24 Feb 2010


Situated at the foothills of the Pyrenees Lourdes is a small market town made famous for the reported apparition of the Virgin Mary to a young peasant girl, Bernadette Soubirous that supposedly occurred in 1858. The apparition is reported to have appeared a total of eighteen times to Bernadette and since then the site has become the most frequented pilgrimage sight for Roman Catholics due to the alleged 'miraculous healings' that has occurred at the sight. Even to this day the small population of Lourdes still sees up to 5 million pilgrims a year come from miles in hope of witnessing something extraordinary, but can the same be said of this low budget, French film?
Golden Lion nominee Lourdes is certainly a film stepped in all religious surroundings and beliefs that you'd expect. The story here, and the camera focuses on wheelchair-bound Christine, (Sylvie Testud, La Vie En Rose, L'Heritage) a MS sufferer who for us will act as our case study as we delve into this world of heightened beliefs and strong wills. Christine, as part of a church excursion has made the pilgrimage to Lourdes, not necessarily for a miraculous cure but as its one of the only ways she gets to go anywhere due to her condition.
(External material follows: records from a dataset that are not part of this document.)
-- ===== src/Ftp/Client/Seats.antt =====
-- The login counter (src/ftp/logincounter.cpp) against the sessions that it counts.
use ebftpd.Prelude.{
  ◌-◌, ◌<◌, ◌++◌, ◌≡◌, refl, ap, inl, inr, true, Option, none, some, List, [], ◌∷◌, ℤ, ℕ, ◌+◌,
  Bool-cases, if◌then◌else◌, arith, eq_ℤ,
}
use ebftpd.Acl.User.GidList.{eq_ℤ-refl, eq_ℤ_sound}
use ebftpd.Ftp.Counters.{Counter, update, enter, stop}
use ebftpd.Ftp.Client.{Client}
use ebftpd.Ftp.Client.Laws.{CanStop, Effect, open_uid}

-- How often a session counts for a user, and how often at all.
unfoldable pub seat : ℤ → Option ℤ → ℕ
seat uid none = 0
seat uid (some x) = if eq_ℤ x uid then 1 else 0

unfoldable pub taken : Option ℤ → ℕ
taken none = 0
taken (some x) = 1

unfoldable pub seats : ℤ → List Client → ℕ
seats uid [] = 0
seats uid (c ∷ cs) = seat uid (open_uid c) + seats uid cs

unfoldable pub all_seats : List Client → ℕ
all_seats [] = 0
all_seats (c ∷ cs) = taken (open_uid c) + all_seats cs

same_count : (n : Counter) (x uid : ℤ) → eq_ℤ x uid ≡ true → n.personal x ≡ n.personal uid
same_count n x uid e = ap n.personal (eq_ℤ_sound x uid e)

enter-seat :
    (n : Counter) (x uid : ℤ) → (enter n x).personal uid ≡ n.personal uid + seat uid (some x)
unfolding seat enter update
enter-seat n x uid = elim (Bool-cases (eq_ℤ x uid)) [
  | inl e ↦ ground (arith, e, same_count n x uid e)
  | inr e ↦ ground (arith, e)
]

stop_lem :
    (n n' : Counter) (x : ℤ)
    → stop n x ≡ some n'
    → (0 < n.personal x)
      × (0 < n.global)
      × (n' ≡ record { global = n.global - 1; personal = update n.personal x (n.personal x - 1) })
unfolding stop
stop_lem n n' x e = ground arith

stop-seat :
    (n n' : Counter) (x uid : ℤ)
    → stop n x ≡ some n'
    → (n'.personal uid + seat uid (some x) ≡ n.personal uid) × (n'.global + 1 ≡ n.global)
unfolding seat stop update
stop-seat n n' x uid e =
    let (p, g, f) = stop_lem n n' x e in
    elim (Bool-cases (eq_ℤ x uid)) [
      | inl k ↦ rw (f, k) (omega (arith, p, g, same_count n x uid k), omega (arith, g))
      | inr k ↦ rw (f, k) (omega arith, omega (arith, g))
    ]

-- What a command changes in the counter is what it changes in its session's place there.
Effect-seat :
    (a b : Option ℤ) (n n' : Counter)
    → Effect a b n n'
    → (uid : ℤ) → n'.personal uid + seat uid a ≡ n.personal uid + seat uid b
unfolding seat
Effect-seat a b n n' (inl (e, f)) uid = rw (e, f) refl
Effect-seat a b n n' (inr (inl (x, e, f, g))) uid = rw (e, f, g) (omega (arith, enter-seat n x uid))
Effect-seat a b n n' (inr (inr (x, e, f, g))) uid =
    rw (e, f) (omega (arith, (stop-seat n n' x uid g).0))

Effect-taken :
    (a b : Option ℤ) (n n' : Counter) → Effect a b n n' → n'.global + taken a ≡ n.global + taken b
unfolding taken enter
Effect-taken a b n n' (inl (e, f)) = rw (e, f) refl
Effect-taken a b n n' (inr (inl (x, e, f, g))) = rw (e, f, g) (omega arith)
Effect-taken a b n n' (inr (inr (x, e, f, g))) = rw (e, f) (omega (arith, (stop-seat n n' x x g).1))

-- The counter counts exactly the sessions that are logged in.
pub record Counts (n : Counter) (cs : List Client) : Type 0 where
  pub every : (uid : ℤ) → n.personal uid ≡ seats uid cs
  pub total : n.global ≡ all_seats cs

seats-append :
    (uid : ℤ) (before : List Client) (c : Client) (after : List Client)
    → seats uid (before ++ c ∷ after) ≡ seats uid before + seat uid (open_uid c) + seats uid after
unfolding seats
seats-append uid [] c after = omega arith
seats-append uid (d ∷ before) c after = omega (arith, seats-append uid before c after)

all_seats-append :
    (before : List Client) (c : Client) (after : List Client)
    → all_seats (before ++ c ∷ after) ≡ all_seats before + taken (open_uid c) + all_seats after
unfolding all_seats
all_seats-append [] c after = omega arith
all_seats-append (d ∷ before) c after = omega (arith, all_seats-append before c after)

pub step-Counts :
    (before : List Client) (c c' : Client) (after : List Client) (n n' : Counter)
    → Counts n (before ++ c ∷ after)
    → Effect (open_uid c) (open_uid c') n n'
    → Counts n' (before ++ c' ∷ after)
step-Counts before c c' after n n' h e = record {
  every = λ uid. omega (
    arith,
    h.every uid,
    Effect-seat _ _ n n' e uid,
    seats-append uid before c after,
    seats-append uid before c' after,
  );
  total = omega (
    arith,
    h.total,
    Effect-taken _ _ n n' e,
    all_seats-append before c after,
    all_seats-append before c' after,
  );
}

seat_own : (uid : ℤ) → seat uid (some uid) ≡ 1
unfolding seat
seat_own uid = rw (eq_ℤ-refl uid) refl

stop-some :
    (n : Counter) (x : ℤ) → 0 < n.personal x → 0 < n.global → (n' : Counter) × (stop n x ≡ some n')
unfolding stop
stop-some n x p g = (
  record { global = n.global - 1; personal = update n.personal x (n.personal x - 1) },
  ground (arith, p, g),
)

-- The assertions of `Stop` hold for every session.
pub Counts-CanStop :
    (before : List Client) (c : Client) (after : List Client) (n : Counter)
    → Counts n (before ++ c ∷ after)
    → CanStop c n
unfolding taken
Counts-CanStop before c after n h uid e =
    let own = h.every uid in
    let mine = seats-append uid before c after in
    let all = all_seats-append before c after in
    stop-some n uid (omega (arith, own, mine, ap (seat uid) e, seat_own uid))
      (omega (arith, h.total, all, ap taken e))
We follow Christine closely as she and the other pilgrims, each disabled in their own way, take refuge in a cold sterile hotel. When their not sat at there cold formica tables, eating what can only be described as plain but plentiful fare their off on daily outings to see the sights of Lourdes, each hoping to be blessed with a miracle cure for their afflictions.
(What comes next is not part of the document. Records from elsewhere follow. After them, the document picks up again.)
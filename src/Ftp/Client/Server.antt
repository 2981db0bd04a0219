-- ===== src/Ftp/Client/Server.antt =====
-- The sessions of src/ftp/clientimpl.cpp together, over the one counter of
-- src/ftp/logincounter.cpp. The commands of the sessions follow each other in any order, and any
-- session may be interrupted between two of its commands.
use ebftpd.Prelude.{
  ◌++◌, ◌≡◌, subst, ◌≢◌, refl, sym, ap, ◌∙◌, inl, inr, Option, none, some, List, [], ◌∷◌, ℤ, ℕ,
  Bool-cases, arith,
}
use ebftpd.Acl.User.Flags.{deleted_flag, has_flag}
use ebftpd.Acl.User.Data.{UserData}
use ebftpd.Ftp.Counters.{Counter, new_counter}
use ebftpd.Ftp.Enums.{state_code, finished}
use ebftpd.Ftp.Client.{Client, new_client, Site, Line, Result, no_reply, leave}
use ebftpd.Ftp.Client.Execute.{reloaded, reload_user, execute_command}
use ebftpd.Ftp.Client.Laws.{
  same_result, IsCoherent, CanStop, Ends, Effect, open_uid, leave-Ends, stay, new_client-IsCoherent,
}
use ebftpd.Ftp.Client.Seats.{seats, all_seats, taken, seat, Counts, step-Counts, Counts-CanStop}
use ebftpd.Ftp.Client.Total.{execute_command-Ends}

pub data AllCoherent : List Client → Type 0 where
  nobody : AllCoherent []
  one_more : {c : Client} {cs : List Client} → IsCoherent c → AllCoherent cs → AllCoherent (c ∷ cs)

AllCoherent-at :
    (before : List Client) (c : Client) (after : List Client)
    → AllCoherent (before ++ c ∷ after)
    → IsCoherent c
AllCoherent-at [] c after (one_more h k) = h
AllCoherent-at (d ∷ before) c after (one_more h k) = AllCoherent-at before c after k

AllCoherent-set :
    (before : List Client) (c c' : Client) (after : List Client)
    → IsCoherent c'
    → AllCoherent (before ++ c ∷ after)
    → AllCoherent (before ++ c' ∷ after)
AllCoherent-set [] c c' after h (one_more k l) = one_more h l
AllCoherent-set (d ∷ before) c c' after h (one_more k l) =
    one_more k (AllCoherent-set before c c' after h l)

AllCoherent-drop :
    (before : List Client) (c : Client) (after : List Client)
    → AllCoherent (before ++ c ∷ after)
    → AllCoherent (before ++ after)
AllCoherent-drop [] c after (one_more k l) = l
AllCoherent-drop (d ∷ before) c after (one_more k l) =
    one_more k (AllCoherent-drop before c after l)

reload_user_lem :
    (loaded : Option UserData) (c : Client) (n : Counter) (u : UserData)
    → c.user ≡ some u
    → reload_user loaded c n ≡ reloaded loaded c n
unfolding reload_user
reload_user_lem loaded c n u k = simp (k, reload_user) refl

-- Where a reloaded profile is the one of the session's user, the call keeps the session coherent.
reload_user-Ends :
    (loaded : Option UserData) (c : Client) (n : Counter) (u : UserData)
    → IsCoherent c
    → CanStop c n
    → c.user ≡ some u
    → ((v : UserData) → loaded ≡ some v → v.id ≡ u.id)
    → Ends c n (reload_user loaded c n)
unfolding reload_user reloaded
reload_user-Ends none c n u h can k same =
    rw (reload_user_lem none c n u k) (leave-Ends c n no_reply h can)
reload_user-Ends (some v) c n u h can k same = elim (Bool-cases (has_flag v deleted_flag)) [
  | inl d ↦ rw (reload_user_lem (some v) c n u k, reloaded, d) (leave-Ends c n no_reply h can)
  | inr d ↦
      rw (reload_user_lem (some v) c n u k, reloaded, d)
        (stay c (record c { user = some v }) n no_reply
          (record { guarded = h.guarded; known = λ e. cc e; proper = h.proper }) counted)
]
  where
    counted : open_uid (record c { user = some v }) ≡ open_uid c
    counted = cc (k, same v refl)

-- The server's runs: what the counter is and which sessions there are.
pub data Runs : Counter → List Client → Type 0 where
  start : Runs new_counter []
  connect : {n : Counter} {cs : List Client} → Runs n cs → Runs n (new_client ∷ cs)
  command :
      {n n' : Counter} (before : List Client) (c : Client) {c' : Client} (after : List Client)
      (site : Site) (line : Line) (code : ℕ)
      → Runs n (before ++ c ∷ after)
      → c.state ≢ finished
      → execute_command site line c n ≡ some (c', n', code)
      → Runs n' (before ++ c' ∷ after)
  reload :
      {n n' : Counter} (before : List Client) (c : Client) {c' : Client} (after : List Client)
      (u : UserData) (loaded : Option UserData) (code : ℕ)
      → Runs n (before ++ c ∷ after)
      → c.user ≡ some u
      → ((v : UserData) → loaded ≡ some v → v.id ≡ u.id)
      → reload_user loaded c n ≡ some (c', n', code)
      → Runs n' (before ++ c' ∷ after)
  interrupt :
      {n n' : Counter} (before : List Client) (c : Client) {c' : Client} (after : List Client)
      (code : ℕ)
      → Runs n (before ++ c ∷ after)
      → leave finished no_reply c n ≡ some (c', n', code)
      → Runs n' (before ++ c' ∷ after)
  disconnect :
      {n : Counter} (before : List Client) (c : Client) (after : List Client)
      → Runs n (before ++ c ∷ after)
      → c.state ≡ finished
      → Runs n (before ++ after)

-- The invariant of the runs.
abbrev pub Sound : Counter → List Client → Type 0
Sound n cs = Counts n cs × AllCoherent cs

step-Sound :
    (before : List Client) (c c' : Client) (after : List Client) (n n' : Counter) (code : ℕ)
    (r : Result)
    → Sound n (before ++ c ∷ after)
    → Ends c n r
    → r ≡ some (c', n', code)
    → Sound n' (before ++ c' ∷ after)
step-Sound before c c' after n n' code r (h, k) (d, m, x, e, coherent, effect) f =
    let same : (d, m, x) ≡ (c', n', code) = same_result (sym e ∙ f) in
    (
      step-Counts before c c' after n n' h (
          subst (λ (y : Client × Counter × ℕ). Effect (open_uid c) (open_uid y.0) n y.1) same
            effect),
      AllCoherent-set before c c' after
          (subst (λ (y : Client × Counter × ℕ). IsCoherent y.0) same coherent) k,
    )

start-Counts : Counts new_counter []
unfolding new_counter seats all_seats
start-Counts = record { every = λ uid. refl; total = refl }

connect-Counts : (n : Counter) (cs : List Client) → Counts n cs → Counts n (new_client ∷ cs)
unfolding seats all_seats seat taken new_client
connect-Counts n cs h = record {
  every = λ uid. omega (arith, h.every uid);
  total = omega (arith, h.total);
}

-- A session that is over counts for nobody.
finished-open_uid : (c : Client) → IsCoherent c → c.state ≡ finished → open_uid c ≡ none
unfolding state_code
finished-open_uid c h e = ground (arith, h.guarded, e)

seats-drop :
    (uid : ℤ) (before : List Client) (c : Client) (after : List Client)
    → open_uid c ≡ none
    → seats uid (before ++ c ∷ after) ≡ seats uid (before ++ after)
unfolding seats seat
seats-drop uid [] c after e = omega (arith, ap (seat uid) e)
seats-drop uid (d ∷ before) c after e = omega (arith, seats-drop uid before c after e)

all_seats-drop :
    (before : List Client) (c : Client) (after : List Client)
    → open_uid c ≡ none
    → all_seats (before ++ c ∷ after) ≡ all_seats (before ++ after)
unfolding all_seats taken
all_seats-drop [] c after e = omega (arith, ap taken e)
all_seats-drop (d ∷ before) c after e = omega (arith, all_seats-drop before c after e)

disconnect-Counts :
    (before : List Client) (c : Client) (after : List Client) (n : Counter)
    → open_uid c ≡ none
    → Counts n (before ++ c ∷ after)
    → Counts n (before ++ after)
disconnect-Counts before c after n e h = record {
  every = λ uid. omega (arith, h.every uid, seats-drop uid before c after e);
  total = omega (arith, h.total, all_seats-drop before c after e);
}

-- Whatever the order of the sessions' commands, reloads and interruptions, and however the lookups
-- of each command end, the counter counts exactly the sessions that are logged in, for each user
-- and in all, and every session is coherent.
pub Runs-Sound : {n : Counter} {cs : List Client} → Runs n cs → Counts n cs × AllCoherent cs
Runs-Sound start = (start-Counts, AllCoherent.nobody)
Runs-Sound (connect {n} {cs} run) =
    let (h, k) = Runs-Sound run in
    (connect-Counts n cs h, AllCoherent.one_more new_client-IsCoherent k)
Runs-Sound (command {n} {n'} before c {c'} after site line code run live e) =
    let (h, k) = Runs-Sound run in
    step-Sound before c c' after n n' code (execute_command site line c n) (h, k)
      (execute_command-Ends site line c n (AllCoherent-at before c after k) live
        (Counts-CanStop before c after n h))
      e
Runs-Sound (reload {n} {n'} before c {c'} after u loaded code run f same e) =
    let (h, k) = Runs-Sound run in
    step-Sound before c c' after n n' code (reload_user loaded c n) (h, k)
      (reload_user-Ends loaded c n u (AllCoherent-at before c after k)
        (Counts-CanStop before c after n h) f same)
      e
Runs-Sound (interrupt {n} {n'} before c {c'} after code run e) =
    let (h, k) = Runs-Sound run in
    step-Sound before c c' after n n' code (leave finished no_reply c n) (h, k)
      (leave-Ends c n no_reply (AllCoherent-at before c after k)
        (Counts-CanStop before c after n h))
      e
Runs-Sound (disconnect {n} before c after run e) =
    let (h, k) = Runs-Sound run in
    let idle = finished-open_uid c (AllCoherent-at before c after k) e in
    (disconnect-Counts before c after n idle h, AllCoherent-drop before c after k)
Austrian director Jessica Hausner's (Lovely Rita, Hotel) beautifully shot, moving, art house picture approaches this religious anomaly at what at first can only be described as an agonisingly slow paced, documentary style story. Refusing to take a stance on whether or not the town really is a spiritual beacon or in fact just a tourist park for devoted followers of the Catholic belief system. When the story shifts towards the miracles that are deemed to have occurred at Lourdes instead of validating or dismissing them Hausner instead focuses on why certain people are 'chosen' and why others aren't and the effects of those around them a how it effects their belief structure. 
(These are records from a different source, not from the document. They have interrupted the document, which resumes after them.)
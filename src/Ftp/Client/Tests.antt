-- ===== src/Ftp/Client/Tests.antt =====
-- One session at concrete inputs.
use ebftpd.Prelude.{
  ◌≡◌, refl, true, false, none, some, [], ◌∷◌, codes, str_eq, pos, eq_ℤ, has_char, ◌-ℤ◌,
}
use ebftpd.Util.Passwd.{hex_encode}
use ebftpd.Acl.User.Data.{UserData, new_user_data}
use ebftpd.Acl.User.Password.{verify_password}
use ebftpd.Cmd.Rfc.{lookup, check_args}
use ebftpd.Ftp.Counters.{new_counter, enter, start_login}
use ebftpd.Ftp.Enums.{waiting_password, logged_in}
use ebftpd.Ftp.Client.{
  Client, Site, Line, new_client, set_waiting_password, set_logged_in, check_state,
}
use ebftpd.Ftp.Client.Execute.{execute_command}
use ebftpd.Ftp.Client.Safety.{execute_command-Proven}
use ebftpd.Ftp.Client.Admission.{Proven}
use ebftpd.Ftp.Client.Seats.{Counts}
use ebftpd.Ftp.Client.Server.{Runs, AllCoherent, Runs-Sound}

abbrev bob : UserData
bob = record (new_user_data 0) { id = pos 4; name = codes "bob"; password = codes "61" }

abbrev site : Site
site = record {
  hash_password = λ password salt. password;
  load = λ name. some bob;
  gid_to_name = λ gid. [];
  tls_control = record { perms = []; final_result = none };
  has_tls = true;
  users = pos 9;
  exempt_users = pos 0;
  today = 5;
  siteop_only = false;
  address_allowed = true;
  start_up_dir_opens = true;
  home_dir_opens = true;
  kicked = false;
  pre_script = true;
}

abbrev user_line : Line
user_line = record { name = codes "USER"; arg_str = codes "bob"; args = codes "bob" ∷ [] }

abbrev pass_line : Line
pass_line = record { name = codes "PASS"; arg_str = codes "-a"; args = codes "-a" ∷ [] }

abbrev waiting : Client
waiting = set_waiting_password bob false new_client

abbrev entered : Client
entered = record waiting {
  state = logged_in;
  password_attempts = 1;
  is_guarded = true;
  single_line_replies = true;
}

pass_runs :
    execute_command site pass_line waiting new_counter
    ≡ some (entered, enter new_counter (pos 4), 230)
unfolding execute_command lookup str_eq check_args eq_ℤ check_state verify_password hex_encode
    has_char set_logged_in start_login ◌-ℤ◌ new_counter new_client
pass_runs = refl

execute_command-Proven_example :
    (str_eq pass_line.name (codes "PASS") ≡ true)
    × (waiting.state ≡ waiting_password)
    × Proven site pass_line.arg_str waiting new_counter
execute_command-Proven_example =
    execute_command-Proven site pass_line waiting entered new_counter (enter new_counter (pos 4))
      230 (λ e. cc e) pass_runs refl

one_session : Runs new_counter (new_client ∷ [])
one_session = Runs.connect Runs.start

Runs-Sound_example : Counts new_counter (new_client ∷ []) × AllCoherent (new_client ∷ [])
Runs-Sound_example = Runs-Sound one_session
Although there is a minor sub plot involving Christine and her assistant both trying to attract one of the young male helpers, the story hardly strays from its main subject. With religion being such a difficult subject to tackle when making a film (considering your releasing a piece of work to an unknown audience) Hausner manages to succesfully keep things accurate whilst still implementing some fine comedic moments that shouldn't cause offence or undermine from the serious message that some of the characters are attempting to convey,

Directed with the same voyeuristic approach as her fellow countryman, Michael Haneke, Lourdes is not the religious study that many may believe it to be due to the connotations its name brings. Hausner has instead created a wonderful character study of how beliefs can be heightened or stretched, whether it be the miraculous rehabilitation of a “less pious than she should be” individual or the crushing revelation of the poor health of a devout follower of the church. Lourdes, in conclusion, is a well made character study with some wonderful performances, that given the style of the piece are imperative to make the movie the compelling performance driven vehicle about human beliefs that it is and not just another stale depictions of an otherwise, only mildly interesting phenomenon.

This film though will obviously attract a religious crowd, in fact its scheduled for a screening in Lourdes at one of the sights it was filmed. Many will see Hausners staunch, 'on the fence' stance as a safe guard from any controversy from this audience, but its for more reasons than this, instead it relies on the fact that there is no undeniable proof either way, leaving you with the same situation as most of the pilgrims and their aids, to take what you see and accredit it to your own belief system.